Take the records below and print them verbatim up to and including the line that carries "start-IsQueued : IsQueued config start".

Records drawn from a dataset
+++
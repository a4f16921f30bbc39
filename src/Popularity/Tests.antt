-- ===== src/Popularity/Tests.antt =====
-- The theorems on popularity at a pallet with two posts, one of which is marked.
use anarchy.Base.{
  ℕ, ◌+◌, ◌≤◌, ◌≡◌, refl, arith, true, none, some, [], ◌∷◌, min, u32_max, lookup, update,
}
use anarchy.Popularity.{
  count_reaction, collect, Config, State, PostPopularity, like, on_reaction, on_finalize,
  run_deletion_pass, candidates, on_post_created,
}
use anarchy.Popularity.Queue.{
  IsQueued, Steps, created, reacted, finalized, done, after, Steps-IsQueued,
}
use anarchy.Popularity.Grace.{has_entry, run_deletion_pass-grace}

-- The other pallets are the number of posts; a deletion succeeds.
abbrev config : Config ℕ
config = record {
  initial_score = 100_000;
  like_weight = 100;
  dislike_weight = 50;
  decay_rate = 999_950;
  low_popularity_threshold = 1_000;
  hysteresis_margin = 100;
  grace_period = 10;
  max_posts_scanned_per_block = 8;
  max_deletions_per_block = 4;
  max_deletion_scan_reads = 16;
  max_decay_steps = 1_000_000;
  next_post_id = λ posts. posts;
  delete_post = λ id posts. (posts, some id);
  release_fragment = λ root posts. posts;
  iterate = λ cursor entries. entries;
}

abbrev low : PostPopularity
low = record {
  stored_score = 7;
  last_touched = 20;
  like_count = 0;
  dislike_count = 3;
  marked_for_deletion_at = some 20;
}

abbrev start : State ℕ
start = record {
  block_number = 35;
  world = 2;
  events = [];
  post_scores = update 1 (some low) (λ id. none);
  deletion_queue = (1, 30) ∷ [];
  scan_cursor = 0;
  deletion_cursor = none;
}

start-IsQueued : IsQueued config start
start-IsQueued = record { unique = (refl, tt); marked = λ id at e. ground arith }

abbrev busy : State ℕ
busy = on_reaction config 0 like (on_post_created config 0 start)

path : Steps config start (on_finalize config 35 busy)
unfolding on_post_created on_reaction count_reaction
path = after (after (after done (created 0 refl)) (reacted 0 like)) finalized

Steps-IsQueued_example : IsQueued config (on_finalize config 35 busy)
Steps-IsQueued_example = Steps-IsQueued config path start-IsQueued

iterates :
    (x at : ℕ)
    → has_entry x at (config.iterate start.deletion_cursor start.deletion_queue) ≡ true
    → lookup x start.deletion_queue ≡ some at
iterates x at e = ground arith

deletes : (run_deletion_pass config 35 start).post_scores 1 ≡ none
unfolding run_deletion_pass candidates collect
deletes = refl

run_deletion_pass-grace_example :
    (marked : ℕ) × (low.marked_for_deletion_at ≡ some marked)
    × (min (marked + config.grace_period) u32_max ≤ 35)
run_deletion_pass-grace_example =
    run_deletion_pass-grace config 35 1 low start start-IsQueued iterates refl deletes
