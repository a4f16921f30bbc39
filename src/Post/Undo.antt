-- ===== src/Post/Undo.antt =====
-- The deletion of a post undoes its creation.
use anarchy.Base.{
  ℕ, ◌+◌, ◌≡◌, refl, ap, true, false, arith, Option, none, some, List, [], ◌∷◌, ◌++◌, contains,
  ◌==◌, inl, inr, sym, ◌∙◌, subst,
}
use anarchy.Base.Dispatch.{ok, err-ok, ok_same}
use anarchy.Post.Types.{Config, State, PostContent}
use anarchy.Post.{Draft, create_post, delete_post, retain_others}
use anarchy.Post.Created.{Creates, create_post-Creates}
use anarchy.Post.Index.{IsIndexed, root_of}

retain_none : (gone : ℕ) (ids : List ℕ) → contains gone ids ≡ false → retain_others gone ids ≡ ids
unfolding contains retain_others
retain_none gone [] h = refl
retain_none gone (x ∷ ids) h =
    let apart : (x == gone) ≡ false = ground (arith, h) in
    let others : contains gone ids ≡ false = ground (arith, h) in
    rw (apart) (ap (λ l. x ∷ l) (retain_none gone ids others))

retain-append :
    (gone : ℕ) (ids : List ℕ) → retain_others gone (ids ++ gone ∷ []) ≡ retain_others gone ids
unfolding retain_others
retain-append gone [] = ground arith
retain-append gone (x ∷ ids) = rw (retain-append gone ids) refl

same : (n : ℕ) → (n == n) ≡ true
same n = ground arith

no_content : (o : Option PostContent) → root_of o ≡ none → o ≡ none
no_content none h = refl
no_content (some c) h = absurd (ground arith)

module _ {World : Type 0} (config : Config World) where
  pub created :
      (who : ℕ) (d : Draft) (s t : State World)
      → create_post config who d s ≡ ok t
      → Creates config who d s t
  created who d s t h = elim (create_post-Creates config who d s) [
    | inl (e, refused, _) ↦ absurd (err-ok (sym refused ∙ h))
    | inr (u, accepted, c) ↦ subst (λ v. Creates config who d s v) (ok_same accepted h) c
  ]

  -- The deletion of a post that has just been created, in a state whose indices agree, succeeds and
  -- returns its Merkle root; posts, contents, roots and lists of authors are as before the
  -- creation, and the number is not used again.
  pub create_post-delete_post :
      (who : ℕ) (d : Draft) (s t : State World)
      → IsIndexed s
      → create_post config who d s ≡ ok t
      → (u : State World) × (delete_post s.next_post_id t ≡ ok (u, d.merkle_root))
        × (u.next_post_id ≡ s.next_post_id + 1)
        × ((id : ℕ) → u.posts id ≡ s.posts id)
        × ((id : ℕ) → u.content_refs id ≡ s.content_refs id)
        × ((root : ℕ) → u.merkle_root_to_post_id root ≡ s.merkle_root_to_post_id root)
        × ((a : ℕ) → u.user_posts a ≡ s.user_posts a)
  unfolding delete_post
  create_post-delete_post who d s t x h =
      let c = created who d s t h in
      let new = s.next_post_id in
      let unused = x.below new (omega arith) in
      let no_content = no_content (s.content_refs new) (rw (x.contents new, unused) refl) in
      let relist : retain_others new (s.user_posts who ++ new ∷ []) ≡ s.user_posts who =
        retain-append new (s.user_posts who)
        ∙ retain_none new (s.user_posts who) (x.listed who new ∙ rw unused refl) in
      rw (c.result, same new)
        (
          _,
          refl,
          refl,
          λ id. ground (arith, unused),
          λ id. ground (arith, no_content),
          λ root. ground (arith, c.new_root),
          λ a. rw (same who, relist) (ground arith),
        )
+++
» **Answer to this problem**:
repository a4f16921f30bbc39
filename src/Popularity/Tests.antt
-- ===== src/Popularity/Tests.antt =====
-- The theorems on popularity at a pallet with two posts, one of which is marked.
use anarchy.Base.{
  ℕ, ◌+◌, ◌≤◌, ◌≡◌, refl, arith, true, none, some, [], ◌∷◌, min, u32_max, lookup, update,
}
use anarchy.Popularity.{
  count_reaction, collect, Config, State, PostPopularity, like, on_reaction, on_finalize,
  run_deletion_pass, candidates, on_post_created,
}
use anarchy.Popularity.Queue.{
  IsQueued, Steps, created, reacted, finalized, done, after, Steps-IsQueued,
}
use anarchy.Popularity.Grace.{has_entry, run_deletion_pass-grace}

-- The other pallets are the number of posts; a deletion succeeds.
abbrev config : Config ℕ
config = record {
  initial_score = 100_000;
  like_weight = 100;
  dislike_weight = 50;
  decay_rate = 999_950;
  low_popularity_threshold = 1_000;
  hysteresis_margin = 100;
  grace_period = 10;
  max_posts_scanned_per_block = 8;
  max_deletions_per_block = 4;
  max_deletion_scan_reads = 16;
  max_decay_steps = 1_000_000;
  next_post_id = λ posts. posts;
  delete_post = λ id posts. (posts, some id);
  release_fragment = λ root posts. posts;
  iterate = λ cursor entries. entries;
}

abbrev low : PostPopularity
low = record {
  stored_score = 7;
  last_touched = 20;
  like_count = 0;
  dislike_count = 3;
  marked_for_deletion_at = some 20;
}

abbrev start : State ℕ
start = record {
  block_number = 35;
  world = 2;
  events = [];
  post_scores = update 1 (some low) (λ id. none);
  deletion_queue = (1, 30) ∷ [];
  scan_cursor = 0;
  deletion_cursor = none;
}

start-IsQueued : IsQueued config start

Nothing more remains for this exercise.